• _Stored dataset items_
===

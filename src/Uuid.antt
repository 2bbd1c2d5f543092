-- ===== src/Uuid.antt =====
-- common/uuid/uuid.go. A UUID is its sixteen bytes; texts are byte strings. `encoding/hex` is written
-- out, SHA-1 and the random source are arguments.
pub mod RoundTrip
pub mod Trailing
mod Tests
use Prim.Native.Nat.{bit_and, bit_or}
use reflex.Prelude.{
  ℕ, zero, suc, ◌+◌, ◌-◌, ◌*◌, ◌/◌, ◌%◌, Bool, true, false, ◌&&◌, ◌||◌, Option, none, some, List,
  [], ◌∷◌, ◌++◌, length, take, drop, replicate, ltb, leb, ◌==◌, if◌then◌else◌,
}
use reflex.Prelude.Bytes.{Bytes, bytes_eq}
use reflex.Prelude.Result.{Result, ok, err}

abbrev pub byte_groups : List ℕ
byte_groups = 8 ∷ 4 ∷ 4 ∷ 4 ∷ 12 ∷ []

-- The errors of `ParseBytes` and `ParseString`, and that of `hex.Decode`.
pub data UuidError : Type 0 where
  invalid_uuid invalid_hex : UuidError

-- A digit of `hex.EncodeToString`.
unfoldable pub hex_digit : ℕ → ℕ
hex_digit n = if ltb n 10 then b'0' + n else b'a' + n - 10

unfoldable pub hex_encode : Bytes → Bytes
unfolding hex_digit
hex_encode [] = []
hex_encode (b ∷ bs) = hex_digit (b / 16) ∷ hex_digit (b % 16) ∷ hex_encode bs

-- `hex.Decode` takes digits of either case.
unfoldable pub hex_value : ℕ → Option ℕ
hex_value c =
    if leb b'0' c && leb c b'9'
    then some (c - b'0')
    else if leb b'a' c && leb c b'f'
    then some (c - b'a' + 10)
    else if leb b'A' c && leb c b'F'
    then some (c - b'A' + 10)
    else none

hex_byte : Option ℕ → Option ℕ → Option Bytes → Option Bytes
hex_byte (some hi) (some lo) (some bs) = some ((hi * 16 + lo) ∷ bs)
hex_byte (some hi) (some lo) none = none
hex_byte (some hi) none rest = none
hex_byte none lo rest = none

unfoldable pub hex_decode : Bytes → Option Bytes
unfolding hex_byte hex_value
hex_decode [] = some []
hex_decode (c ∷ []) = none
hex_decode (c ∷ d ∷ cs) = hex_byte (hex_value c) (hex_value d) (hex_decode cs)

-- The loop of `String`; `rest` is `bytes[start:]`.
string_groups : List ℕ → Bytes → Bytes
string_groups [] rest = []
string_groups (g ∷ gs) rest =
    b'-' ∷ hex_encode (take (g / 2) rest) ++ string_groups gs (drop (g / 2) rest)

unfoldable pub uuid_string : Bytes → Bytes
unfolding string_groups hex_encode
uuid_string u = hex_encode (take 4 u) ++ string_groups (4 ∷ 4 ∷ 4 ∷ 12 ∷ []) (drop 4 u)

-- `Equals`, on pointers that may be nil.
unfoldable pub uuid_equals : Option Bytes → Option Bytes → Bool
uuid_equals none none = true
uuid_equals none (some v) = false
uuid_equals (some u) none = false
uuid_equals (some u) (some v) = bytes_eq u v

-- The version in the upper half of byte 6, the variant in the upper bits of byte 8.
stamp_variant : Bytes → Bytes
stamp_variant [] = []
stamp_variant (b ∷ bs) = bit_or (bit_and b 0x3f) 0x80 ∷ bs

stamp_version : ℕ → Bytes → Bytes
stamp_version v [] = []
stamp_version v (b ∷ bs) = bit_or (bit_and b 0x0f) (v * 16) ∷ take 1 bs ++ stamp_variant (drop 1 bs)

unfoldable pub stamp : ℕ → Bytes → Bytes
unfolding stamp_version stamp_variant
stamp v u = take 6 u ++ stamp_version v (drop 6 u)

-- `New`, from the sixteen bytes of the random source.
unfoldable pub new_uuid : Bytes → Bytes
unfolding stamp
new_uuid random = stamp 4 random

unfoldable pub parse_bytes : Bytes → Result UuidError Bytes
parse_bytes b = if length b == 16 then ok b else err invalid_uuid

pub strip_dash : Bytes → Bytes
strip_dash [] = []
strip_dash (c ∷ cs) = if c == b'-' then cs else c ∷ cs

-- A group's bytes in front of those of the later groups.
join_group : Option Bytes → Result UuidError Bytes → Result UuidError Bytes
join_group none later = err invalid_hex
join_group (some bs) (ok later) = ok (bs ++ later)
join_group (some bs) (err e) = err e

-- The loop of `ParseString` over the groups. What is left of the text behind the last is dropped.
pub parse_groups : List ℕ → Bytes → Result UuidError Bytes
parse_groups [] text = ok []
parse_groups (g ∷ gs) text =
    let text' = strip_dash text in
    if ltb (length text') g
    then err invalid_uuid
    else join_group (hex_decode (take g text')) (parse_groups gs (drop g text'))

-- A text that is too short for a UUID is hashed into one.
unfoldable pub parse_string : (Bytes → Bytes) → Bytes → Result UuidError Bytes
unfolding parse_groups join_group strip_dash stamp hex_decode
parse_string sha1 text =
    let l = length text in
    if ltb l 32 || ltb 36 l
    then if l == 0 || ltb 30 l
      then err invalid_uuid
      else ok (stamp 5 (take 16 (sha1 (replicate 16 0 ++ text))))
    else parse_groups byte_groups text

===

• _Task to complete_
Render every record verbatim. Nothing should be left out.

• _Output for this exercise_
filename src/Uuid.antt
repository 2bbd1c2d5f543092
-- ===== src/Uuid.antt =====
-- common/uuid/uuid.go. A UUID is its sixteen bytes; texts are byte strings. `encoding/hex` is written
-- out, SHA-1 and the random source are arguments.
pub mod RoundTrip
pub mod Trailing
mod Tests
use Prim.Native.Nat.{bit_and, bit_or}
use reflex.Prelude.{
  ℕ, zero, suc, ◌+◌, ◌-◌, ◌*◌, ◌/◌, ◌%◌, Bool, true, false, ◌&&◌, ◌||◌, Option, none, some, List,
  [], ◌∷◌, ◌++◌, length, take, drop, replicate, ltb, leb, ◌==◌, if◌then◌else◌,
}
use reflex.Prelude.Bytes.{Bytes, bytes_eq}
use reflex.Prelude.Result.{Result, ok, err}

abbrev pub byte_groups : List ℕ
byte_groups = 8 ∷ 4 ∷ 4 ∷ 4 ∷ 12 ∷ []

-- The errors of `ParseBytes` and `ParseString`, and that of `hex.Decode`.
pub data UuidError : Type 0 where
  invalid_uuid invalid_hex : UuidError

-- A digit of `hex.EncodeToString`.
unfoldable pub hex_digit : ℕ → ℕ
hex_digit n = if ltb n 10 then b'0' + n else b'a' + n - 10

unfoldable pub hex_encode : Bytes → Bytes
unfolding hex_digit
hex_encode [] = []
hex_encode (b ∷ bs) = hex_digit (b / 16) ∷ hex_digit (b % 16) ∷ hex_encode bs

-- `hex.Decode` takes digits of either case.
unfoldable pub hex_value : ℕ → Option ℕ
hex_value c =
    if leb b'0' c && leb c b'9'
    then some (c - b'0')
    else if leb b'a' c && leb c b'f'
    then some (c - b'a' + 10)
    else if leb b'A' c && leb c b'F'
    then some (c - b'A' + 10)
    else none

hex_byte : Option ℕ → Option ℕ → Option Bytes → Option Bytes
hex_byte (some hi) (some lo) (some bs) = some ((hi * 16 + lo) ∷ bs)
hex_byte (some hi) (some lo) none = none
hex_byte (some hi) none rest = none
hex_byte none lo rest = none

unfoldable pub hex_decode : Bytes → Option Bytes
unfolding hex_byte hex_value
hex_decode [] = some []
hex_decode (c ∷ []) = none
hex_decode (c ∷ d ∷ cs) = hex_byte (hex_value c) (hex_value d) (hex_decode cs)

-- The loop of `String`; `rest` is `bytes[start:]`.
string_groups : List ℕ → Bytes → Bytes
string_groups [] rest = []
string_groups (g ∷ gs) rest =
    b'-' ∷ hex_encode (take (g / 2) rest) ++ string_groups gs (drop (g / 2) rest)

unfoldable pub uuid_string : Bytes → Bytes
unfolding string_groups hex_encode
uuid_string u = hex_encode (take 4 u) ++ string_groups (4 ∷ 4 ∷ 4 ∷ 12 ∷ []) (drop 4 u)

-- `Equals`, on pointers that may be nil.
unfoldable pub uuid_equals : Option Bytes → Option Bytes → Bool
uuid_equals none none = true
uuid_equals none (some v) = false
uuid_equals (some u) none = false
uuid_equals (some u) (some v) = bytes_eq u v

-- The version in the upper half of byte 6, the variant in the upper bits of byte 8.
stamp_variant : Bytes → Bytes
stamp_variant [] = []
stamp_variant (b ∷ bs) = bit_or (bit_and b 0x3f) 0x80 ∷ bs

stamp_version : ℕ → Bytes → Bytes
stamp_version v [] = []
stamp_version v (b ∷ bs) = bit_or (bit_and b 0x0f) (v * 16) ∷ take 1 bs ++ stamp_variant (drop 1 bs)

unfoldable pub stamp : ℕ → Bytes → Bytes
unfolding stamp_version stamp_variant
stamp v u = take 6 u ++ stamp_version v (drop 6 u)

-- `New`, from the sixteen bytes of the random source.
unfoldable pub new_uuid : Bytes → Bytes
unfolding stamp
new_uuid random = stamp 4 random

unfoldable pub parse_bytes : Bytes → Result UuidError Bytes
parse_bytes b = if length b == 16 then ok b else err invalid_uuid

pub strip_dash : Bytes → Bytes
strip_dash [] = []
strip_dash (c ∷ cs) = if c == b'-' then cs else c ∷ cs

-- A group's bytes in front of those of the later groups.
join_group : Option Bytes → Result UuidError Bytes → Result UuidError Bytes
join_group none later = err invalid_hex
join_group (some bs) (ok later) = ok (bs ++ later)
join_group (some bs) (err e) = err e

-- The loop of `ParseString` over the groups. What is left of the text behind the last is dropped.
pub parse_groups : List ℕ → Bytes → Result UuidError Bytes
parse_groups [] text = ok []
parse_groups (g ∷ gs) text =
    let text' = strip_dash text in
    if ltb (length text') g
    then err invalid_uuid
    else join_group (hex_decode (take g text')) (parse_groups gs (drop g text'))

-- A text that is too short for a UUID is hashed into one.
unfoldable pub parse_string : (Bytes → Bytes) → Bytes → Result UuidError Bytes
unfolding parse_groups join_group strip_dash stamp hex_decode
parse_string sha1 text =
    let l = length text in
    if ltb l 32 || ltb 36 l
    then if l == 0 || ltb 30 l
      then err invalid_uuid
      else ok (stamp 5 (take 16 (sha1 (replicate 16 0 ++ text))))
    else parse_groups byte_groups text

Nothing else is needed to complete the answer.